You didn’t forget your past. It was a part of you. The good and the bad.
However, I appreciated her not wanting to talk about it. I didn’t want to talk about my secret brother. We were allowed some privacy, even in a fake marriage.
“Wow, all that pasta made me sleepy.”
She picked up our plates to take them to the sink. I got up and helped rinse them and load them in the dishwasher. Then I took over the dishwashing since she’d cooked. She hoisted herself up on the counter and watched me scrub the pans.
“Or maybe it was our wild night out last night,” she said. “I have to say, it’s been a long time since I’ve done anything like that. I’m always scared I’ll get recognized and there will be a scene. But no one paid me any attention!”
She said it like it was the best thing. Except she clearly didn’t remember.
I had stiff armed a bunch of people as we’d entered the club. I’d also paid the bouncer to basically act as a bodyguard to keep the crowds at a distance. Anyone who got too close got the patented Locke Brother death glare.
It had worked and that corner of the dance floor had felt very private.
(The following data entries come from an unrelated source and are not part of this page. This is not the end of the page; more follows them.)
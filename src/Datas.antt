-- ===== src/Datas.antt =====
-- The data of a trace: `struct cpuidle_datas` (idlestat.h), and the event handlers of idlestat.c that
-- change it. The member `baseline` is a second value of the type where a function uses it. A null
-- pointer that is followed and a failed assertion are faults.
use idlestat.Base.{
  ℕ, zero, suc, ◌+◌, ◌≡◌, Bool, true, false, Option, none, some, List, [], ◌∷◌, if◌then◌else◌, map?,
  get_elem?, set, ◌>>=◌, ltb, leb, ◌&&◌, length,
}
use idlestat.Base.Int.{ℤ, pos, negsuc, minus_one, eq_ℤ, ltb_ℤ}
use idlestat.Base.Double.{Double}
use idlestat.Pstates.{
  CpufreqPstate, CpufreqPstates, alloc_pstate, open_current_pstate, open_next_pstate,
  close_current_pstate, record_group_freq,
}
use idlestat.Cstates.{CpuidleCstates, elem_at, record_cstate_event}
use idlestat.Topology.{CpuCore, CpuPhysical, CpuTopology}
use idlestat.Topology.Lookup.{cpu_to_core, cpu_to_cluster, core_at}
use idlestat.Topology.Groups.{
  core_get_highest_freq, cluster_get_highest_freq, core_get_least_cstate, cluster_get_least_cstate,
}
use idlestat.Wakeup
pub mod Put
pub mod Affected
pub mod Store

pub record CpuidleDatas (D : Type 0) : Type 0 where
  pub cstates : List (CpuidleCstates D)
  pub pstates : List (CpufreqPstates D)
  pub topo : CpuTopology D
  pub nrcpus : ℕ

module _ {D : Type 0} where
  unfoldable pub put_cpu_cstates : CpuidleDatas D → ℕ → CpuidleCstates D → CpuidleDatas D
  put_cpu_cstates datas cpu s = record datas { cstates = set datas.cstates cpu s }

  unfoldable pub put_cpu_pstates : CpuidleDatas D → ℕ → CpufreqPstates D → CpuidleDatas D
  put_cpu_pstates datas cpu s = record datas { pstates = set datas.pstates cpu s }

  -- A write through `aff_cluster`, at an index of the list.
  unfoldable pub put_cluster : CpuidleDatas D → ℕ → CpuPhysical D → CpuidleDatas D
  put_cluster datas k phy = record datas {
    topo = record datas.topo { physicals = set datas.topo.physicals k phy };
  }

  unfoldable pub put_core_in :
      CpuidleDatas D → ℕ × ℕ → CpuCore D → Option (CpuPhysical D) → CpuidleDatas D
  unfolding put_cluster
  put_core_in datas at core none = datas
  put_core_in datas at core (some phy) =
      put_cluster datas at.0 (record phy { cores = set phy.cores at.1 core })

  -- A write through `aff_core`.
  unfoldable pub put_core : CpuidleDatas D → ℕ × ℕ → CpuCore D → CpuidleDatas D
  unfolding put_core_in
  put_core datas at core = put_core_in datas at core (get_elem? datas.topo.physicals at.0)

  -- `get_current_pstate`: the CPU's `idle`, with its P-states and whether one of them is current; -2
  -- for a number that is no CPU's, with the pointers left null. The test lets `nrcpus` itself
  -- through, which is read out of bounds.
  unfoldable pub get_current_pstate : CpuidleDatas D → ℤ → Option (ℤ × Option (ℕ × Bool))
  get_current_pstate datas (negsuc n) = some (negsuc 1, none)
  get_current_pstate datas (pos cpu) =
      if ltb datas.nrcpus cpu
      then some (negsuc 1, none)
      else map?
          (λ (s : CpufreqPstates D).
            (s.idle, some (cpu, if eq_ℤ s.current minus_one then false else true)))
          (get_elem? datas.pstates cpu)

module _ {D : Type 0} ⦃d : Double D⦄ where
  unfoldable pub record_core_freq : CpuidleDatas D → ℕ × ℕ → D → Option (CpuidleDatas D)
  record_core_freq datas at time = core_at datas.topo at >>= λ core.
      core_get_highest_freq datas.pstates core >>= λ freq.
      map? (λ ps. put_core datas at (record core { pstates = ps }))
        (record_group_freq core.pstates time freq)

  unfoldable pub record_cluster_freq : CpuidleDatas D → ℕ → D → Option (CpuidleDatas D)
  record_cluster_freq datas k time = get_elem? datas.topo.physicals k >>= λ phy.
      cluster_get_highest_freq datas.pstates phy >>= λ freq.
      map? (λ ps. put_cluster datas k (record phy { pstates = ps }))
        (record_group_freq phy.pstates time freq)

  unfoldable pub check_pstate_composite : CpuidleDatas D → ℕ → D → Option (CpuidleDatas D)
  check_pstate_composite datas cpu time = cpu_to_core cpu datas.topo >>= λ aff_core.
      cpu_to_cluster cpu datas.topo >>= λ aff_cluster.
      record_core_freq datas aff_core time >>= λ e. record_cluster_freq e aff_cluster time

  -- The running CPU takes a new frequency; a state that has been opened is closed.
  unfoldable pub change_running : CpufreqPstates D → Bool → ℤ → D → Option (CpufreqPstates D)
  change_running ps started next time =
      map? (λ s. open_next_pstate s next time)
        (if started then close_current_pstate ps time else some ps)

  -- The `switch` of `cpu_change_pstate` on `cur`, which is the CPU's `idle`; `started` is whether a
  -- state was current before the allocation. `exit` is a fault.
  unfoldable pub change_cpu_pstate :
      ℤ → Bool → CpufreqPstates D → ℤ → D → Option (CpufreqPstates D × Bool)
  unfolding change_running
  change_cpu_pstate (pos (suc zero)) started ps next time =
      some (record ps { current = next }, false)
  change_cpu_pstate (negsuc zero) started ps next time = some (open_next_pstate ps next time, true)
  change_cpu_pstate (pos zero) started ps next time =
      map? (λ s. (s, true)) (change_running ps started next time)
  change_cpu_pstate cur started ps next time = none

  unfoldable pub cpu_change_pstate : CpuidleDatas D → ℤ → ℕ → D → Option (CpuidleDatas D)
  cpu_change_pstate datas cpu freq time = get_current_pstate datas cpu >>= λ r. r.1 >>= λ at.
      get_elem? datas.pstates at.0 >>= λ old.
      let (ps, next) = alloc_pstate old freq in
      change_cpu_pstate r.0 at.1 ps (pos next) time >>= λ t.
      if t.1
      then check_pstate_composite (put_cpu_pstates datas at.0 t.0) at.0 time
      else some (put_cpu_pstates datas at.0 t.0)

  unfoldable pub idle_pstates : CpufreqPstates D → D → Option (CpufreqPstates D)
  idle_pstates ps time =
      map? {B = CpufreqPstates D} (λ s. record s { idle = pos 1 })
        (if eq_ℤ ps.current minus_one then some ps else close_current_pstate ps time)

  unfoldable pub cpu_pstate_idle : CpuidleDatas D → ℕ → D → Option (CpuidleDatas D)
  unfolding idle_pstates
  cpu_pstate_idle datas cpu time = get_elem? datas.pstates cpu >>= λ ps.
      idle_pstates ps time >>= λ s. check_pstate_composite (put_cpu_pstates datas cpu s) cpu time

  unfoldable pub running_pstates : CpufreqPstates D → D → CpufreqPstates D
  running_pstates ps time =
      let running = record ps { idle = pos 0 } in
      if eq_ℤ ps.current minus_one then running else open_current_pstate running time

  unfoldable pub cpu_pstate_running : CpuidleDatas D → ℕ → D → Option (CpuidleDatas D)
  unfolding running_pstates
  cpu_pstate_running datas cpu time = get_elem? datas.pstates cpu >>= λ ps.
      check_pstate_composite (put_cpu_pstates datas cpu (running_pstates ps time)) cpu time

  -- A core or cluster without C-states of its own is a null pointer.
  unfoldable pub record_core_cstate : CpuidleDatas D → ℕ × ℕ → D → Option (CpuidleDatas D)
  record_core_cstate datas at time = core_at datas.topo at >>= λ core.
      core_get_least_cstate datas.cstates core >>= λ state. core.cstates >>= λ s.
      map? (λ t. put_core datas at (record core { cstates = some t }))
        (record_cstate_event s time state)

  unfoldable pub record_cluster_cstate : CpuidleDatas D → ℕ → D → Option (CpuidleDatas D)
  record_cluster_cstate datas k time = get_elem? datas.topo.physicals k >>= λ phy.
      cluster_get_least_cstate datas.cstates phy >>= λ state. phy.cstates >>= λ s.
      map? (λ t. put_cluster datas k (record phy { cstates = some t }))
        (record_cstate_event s time state)

  -- The core and the cluster of the CPU take the least state.
  unfoldable pub update_affected : CpuidleDatas D → ℕ → D → Option (CpuidleDatas D)
  update_affected datas cpu time = cpu_to_core cpu datas.topo >>= λ aff_core.
      record_core_cstate datas aff_core time >>= λ e.
      cpu_to_cluster cpu e.topo >>= λ aff_cluster. record_cluster_cstate e aff_cluster time

  abbrev pub supports_pstates : CpufreqPstates D → Bool
  supports_pstates ps = elim (ps.pstate) [ [] ↦ false | _ ∷ _ ↦ true ]

  -- The P-states of a CPU that changes between idle and running; `supported` is whether it had any.
  unfoldable pub store_pstate : CpuidleDatas D → Bool → ℤ → ℕ → D → Option (CpuidleDatas D)
  store_pstate datas supported state cpu time =
      if supported
      then (if eq_ℤ state minus_one
          then cpu_pstate_running datas cpu time
          else cpu_pstate_idle datas cpu time)
      else some datas

  unfoldable pub store_data : D → ℤ → ℕ → CpuidleDatas D → Option (CpuidleDatas D)
  store_data time state cpu datas = get_elem? datas.cstates cpu >>= λ s.
      get_elem? datas.pstates cpu >>= λ ps.
      if eq_ℤ state minus_one && eq_ℤ s.cstate_max minus_one
      then some datas
      else (record_cstate_event s time state >>= λ t.
          store_pstate (put_cpu_cstates datas cpu t) (supports_pstates ps) state cpu time >>= λ e.
          update_affected e cpu time)

  -- `store_irq` on the data of a trace.
  unfoldable pub store_cpu_irq : ℕ → ℤ → List ℕ → CpuidleDatas D → Option (CpuidleDatas D)
  store_cpu_irq cpu irqid irqname datas =
      map? (λ s. put_cpu_cstates datas cpu (Wakeup.store_irq s irqid irqname))
        (get_elem? datas.cstates cpu)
“I’m glad you had fun,” I said, regretful now that I hadn’t had a drink or two fewer. Maybe if I’d had a clearer head I might have just taken her back to her hotel room. Then we both could have woken up with fond memories of the night before instead of all of this chaos. “I’m sorry it couldn’t have just been that.”
She shrugged. “Hey, I was right there with you. Whose idea was it anyway? To even go to that chapel?”
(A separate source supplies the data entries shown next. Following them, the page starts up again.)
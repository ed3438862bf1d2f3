-- ===== src/Spawn/Balance.antt =====
-- What the creation of a process takes and gives back.
use nyxis_os.Base.{ℕ, zero, suc, ◌+◌, ◌-◌, List}
use nyxis_os.Base.Words.{page_size}
use nyxis_os.Base.Steady.{
  Ends, Steady, Ends-return, Ends-if, Ends-modify, Ends-bind, Ends-then, Ends-on_error,
  Ends-finally, same_outcome, Gives, Gives-bind, Gives-on_error,
}
use nyxis_os.Elf.Borrowing.{Ledger, plus, Out, IsLoan, elf_load-Steady}
use nyxis_os.Spawn.{
  Spawner, map_stack_page, map_stack_pages, map_user_stack, process_spawn, stack_base, stack_init,
}

-- What the calls of spawn.c take and give back: to create an address space takes the one that is
-- returned, and to destroy one that is out, or to hand it over to a new process, gives it back.
pub record IsSpawnLoan {S : Type 0} (m : Spawner S) (l : Ledger S) : Type 0 where
  pub loading : IsLoan m.loader l
  pub open_out :
      (f : ℕ) (a p : ℕ → ℕ) (path : List ℕ) (flags : ℕ)
      → Ends (Out l f a p) (Out l (suc f) a p) (Out l f a p) (m.vfs_open path flags)
  pub close_out : (f : ℕ) (a p : ℕ → ℕ) (s : S) → Out l (suc f) a p s → Out l f a p (m.vfs_close s)
  pub create_out :
      (f : ℕ) (a p : ℕ → ℕ)
      → Gives
          (Out l f a p)
          (λ space. Out l f (plus space a) p)
          (Out l f a p)
          m.paging_addrspace_create
  pub destroy_out :
      (f : ℕ) (a p : ℕ → ℕ) (space : ℕ) (s : S)
      → Out l f (plus space a) p s
      → Out l f a p (m.paging_addrspace_destroy space s)
  pub clear_out :
      (f : ℕ) (a p : ℕ → ℕ) (phys from len : ℕ) (s : S)
      → Out l f a p s
      → Out l f a p (m.clear_bytes phys from len s)
  pub user_out :
      (f : ℕ) (a p : ℕ → ℕ) (space entry top end : ℕ)
      → Ends
          (Out l f (plus space a) p)
          (Out l f a p)
          (Out l f (plus space a) p)
          (m.process_create_user space entry top end)

module _ {S : Type 0} (m : Spawner S) (l : Ledger S) (loan : IsSpawnLoan m l) (f : ℕ)
    (a p : ℕ → ℕ) where
  map_stack_page-Steady : (space page : ℕ) → Steady (Out l f a p) (map_stack_page m space page)
  unfolding map_stack_page
  map_stack_page-Steady space page = Gives-bind (loan.loading.alloc_out f a p) λ phys.
      Ends-then
        (Ends-on_error (m.loader.pfa_free phys) (loan.loading.map_out f a p space phys page _)
          (loan.loading.free_out f a p phys))
        (Ends-return _)

  map_stack_pages-Steady :
      (n space page top_phys : ℕ) → Steady (Out l f a p) (map_stack_pages m n space page top_phys)
  unfolding map_stack_pages
  map_stack_pages-Steady zero space page top_phys = Ends-return _
  map_stack_pages-Steady (suc n) space page top_phys =
      Ends-if _
        (Ends-bind (map_stack_page-Steady space page)
          λ phys. map_stack_pages-Steady n space (page + page_size) _)
        (Ends-return _)

  map_user_stack-Steady : (space : ℕ) → Steady (Out l f a p) (map_user_stack m space)
  unfolding map_user_stack
  map_user_stack-Steady space = Ends-bind (map_stack_pages-Steady 16 space stack_base 0) λ phys.
      Ends-modify (m.clear_bytes phys (page_size - stack_init) stack_init)
        (loan.clear_out f a p phys (page_size - stack_init) stack_init)

process_spawn-Steady :
    {S : Type 0} (m : Spawner S) (l : Ledger S) (loan : IsSpawnLoan m l) (f : ℕ) (a p : ℕ → ℕ)
    (path : List ℕ)
    → Steady (Out l f a p) (process_spawn m path)
unfolding process_spawn
process_spawn-Steady m l loan f a p path = Ends-then (loan.open_out f a p path 1) (
    Gives-bind (Gives-on_error m.vfs_close (loan.create_out (suc f) a p) (loan.close_out f a p))
      λ space.
        let destroys = loan.destroy_out f a p space in
        Ends-bind
          (Ends-on_error (m.paging_addrspace_destroy space)
            (Ends-finally m.vfs_close
              (elf_load-Steady m.loader l loan.loading (suc f) (plus space a) p space)
              (loan.close_out f (plus space a) p) (loan.close_out f (plus space a) p))
            destroys)
          λ r.
            Ends-then
              (Ends-on_error (m.paging_addrspace_destroy space)
                (map_user_stack-Steady m l loan f (plus space a) p space) destroys)
              (Ends-on_error (m.paging_addrspace_destroy space) (loan.user_out f a p space _ _ _)
                destroys))

-- However `process_spawn` ends, as many files are open as before, and the address spaces that belong to
-- no process and the frames that were taken and are mapped nowhere are the same ones as before: it has
-- closed its file, and a failure has destroyed the address space that it had created and freed the
-- frame that it had taken.
pub process_spawn-Out :
    {S : Type 0} (m : Spawner S) (l : Ledger S) (f : ℕ) (a p : ℕ → ℕ) (path : List ℕ) (s : S)
    → IsSpawnLoan m l
    → Out l f a p s
    → Out l f a p (process_spawn m path s).1
process_spawn-Out m l f a p path s loan out =
    same_outcome (Out l f a p) (process_spawn m path s)
      ((process_spawn-Steady m l loan f a p path).runs s out)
Another thing she didn’t remember. At the club before the kiss, she’d thrown her hands up in the air and cried, “Marry me!”
That’s what I thought she’d said anyway. Her expression was so sincere in that moment, so happy. I’d felt exactly the same. Loose and free and happy.
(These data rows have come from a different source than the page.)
-- ===== src/Spawn/Tests.antt =====
-- The creation of a process where the calls only count.
use nyxis_os.Base.{ℕ, suc, ◌+◌, ◌-◌, ◌≡◌, refl, ap, ◌∙◌, ◌==◌, if◌then◌else◌, [], ◌∷◌, arith}
use nyxis_os.Base.Status.{ok, err, out_of_memory, file_corrupted}
use nyxis_os.Elf.{Loader, elf_load}
use nyxis_os.Elf.Borrowing.{Ledger, plus, Out}
use nyxis_os.Spawn.{Spawner, process_spawn}
use nyxis_os.Spawn.Balance.{IsSpawnLoan, process_spawn-Out}

record Counts : Type 0 where
  files : ℕ
  spaces : ℕ → ℕ
  frames : ℕ → ℕ

abbrev minus : ℕ → (ℕ → ℕ) → ℕ → ℕ
minus x count y = if y == x then count y - 1 else count y

-- A file of one byte, that reads short.
abbrev counting : Loader Counts
counting = record {
  vfs_fstat = λ s. (ok (record { size = 1; kind = 1 }), s);
  set_offset = λ n s. s;
  vfs_read = λ n s. (ok (0 ∷ []), s);
  pfa_alloc = λ s. (ok 1, record s { frames = plus 1 s.frames });
  pfa_free = λ p s. record s { frames = minus p s.frames };
  put_bytes = λ p bytes s. s;
  paging_map_page = λ space p page flags s. (ok tt, record s { frames = minus p s.frames });
}

abbrev spawner : Spawner Counts
spawner = record {
  loader = counting;
  vfs_open = λ path flags s. (ok tt, record s { files = s.files + 1 });
  vfs_close = λ s. record s { files = s.files - 1 };
  paging_addrspace_create = λ s. (ok 1, record s { spaces = plus 1 s.spaces });
  paging_addrspace_destroy = λ space s. record s { spaces = minus space s.spaces };
  clear_bytes = λ phys from len s. s;
  process_create_user = λ space entry top end s. (err out_of_memory, s);
}

abbrev counts : Ledger Counts
counts = record { files = λ s. s.files; spaces = λ s. s.spaces; frames = λ s. s.frames }

given_back :
    (n x old new : ℕ)
    → new ≡ (if x == n then suc old else old)
    → (if x == n then new - 1 else new) ≡ old
given_back n x old new h = ground arith

minus_one : (f : ℕ) → suc f - 1 ≡ f
minus_one f = omega arith

plus_one : (f : ℕ) → f + 1 ≡ suc f
plus_one f = omega arith

spawner-IsSpawnLoan : IsSpawnLoan spawner counts
spawner-IsSpawnLoan = record {
  loading = record {
    stat_out = λ f a p. record { runs = λ s h. h };
    set_out = λ f a p n s h. h;
    read_out = λ f a p n. record { runs = λ s h. h };
    put_out = λ f a p n bytes s h. h;
    alloc_out = λ f a p. record {
      gives = λ s h. (h.0, h.1, λ x. ap (λ n. if x == 1 then suc n else n) (h.2 x));
    };
    free_out = λ f a p n s h. (h.0, h.1, λ x. given_back n x (p x) (s.frames x) (h.2 x));
    map_out = λ f a p space phys page flags. record {
      runs = λ s h. (h.0, h.1, λ x. given_back phys x (p x) (s.frames x) (h.2 x));
    };
  };
  open_out =
      λ f a p path flags. record { runs = λ s h. (ap (λ n. n + 1) h.0 ∙ plus_one f, h.1, h.2) };
  close_out = λ f a p s h. (ap (λ n. n - 1) h.0 ∙ minus_one f, h.1, h.2);
  create_out = λ f a p. record {
    gives = λ s h. (h.0, (λ x. ap (λ n. if x == 1 then suc n else n) (h.1 x)), h.2);
  };
  destroy_out = λ f a p space s h. (h.0, (λ x. given_back space x (a x) (s.spaces x) (h.1 x)), h.2);
  clear_out = λ f a p phys from len s h. h;
  user_out = λ f a p space entry top end. record { runs = λ s h. h };
}

abbrev before : Counts
before = record { files = 3; spaces = plus 9 (λ x. 0); frames = λ x. 0 }

process_spawn-Out_example :
    Out counts 3 (plus 9 (λ x. 0)) (λ x. 0) (process_spawn spawner [] before).1
process_spawn-Out_example =
    process_spawn-Out spawner counts 3 (plus 9 (λ x. 0)) (λ x. 0) [] before spawner-IsSpawnLoan
      (refl, (λ x. refl), λ x. refl)

-- The header does not fit the file.
short_file : (process_spawn spawner [] before).0 ≡ err file_corrupted
unfolding process_spawn elf_load
short_file = refl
Why would we want that to end? At the time it made so much sense, I’d said yes.
Then the kiss. Then it was an Uber on our way to the Chapel of Love.
“Mine,” I answered, feeling some need to protect that memory. Yes, it was her idea, but I’d executed it. “It was my idea.”
“Oh. Well, okay,” she said softly, then looked down at her hands like she wasn’t sure what to do with them. An uncertain little pixie fairy. “I’m going to head for bed. Towels are in the linen closet next to the bathroom if you want to take a shower. The hot water takes a minute.”
“Okay, thanks. I think I’ll just stay up a little longer and stare at the ocean.”
“Hey, don’t be nervous about tomorrow.”
“Why would I be nervous about tomorrow?”
“I don’t know. An interview with a woman who is trying to poke holes in the very flimsy lie we’ve told?”
“She doesn’t scare me.”
“Lucky,” she said. “She terrifies me.”
“I’ll protect you,” I said.
“It’s so sweet that you think you can.” She hopped off the counter, and then to my surprise, she pressed a kiss to my cheek.
My hands flexed, itching to come up and cup her waist, hold her close. I wished I could turn my head, meet her lips with my own. Taste her again, see if she was as sweet as she’d been last night. Instead, I just stood there and took the kiss.
“Goodnight, Wyatt.”
“Goodnight, Syd.”
I watched her leave the kitchen. Heard her bedroom door close, and sighed.
Yeah, if I’d had just one or two fewer drinks, I wouldn’t be here in Sydney Malloy’s Malibu beach house. Sleeping in her guest room. Belly full of the pasta she made me. Her lips imprinted on my cheek.
Maybe things work out the way they do for a reason.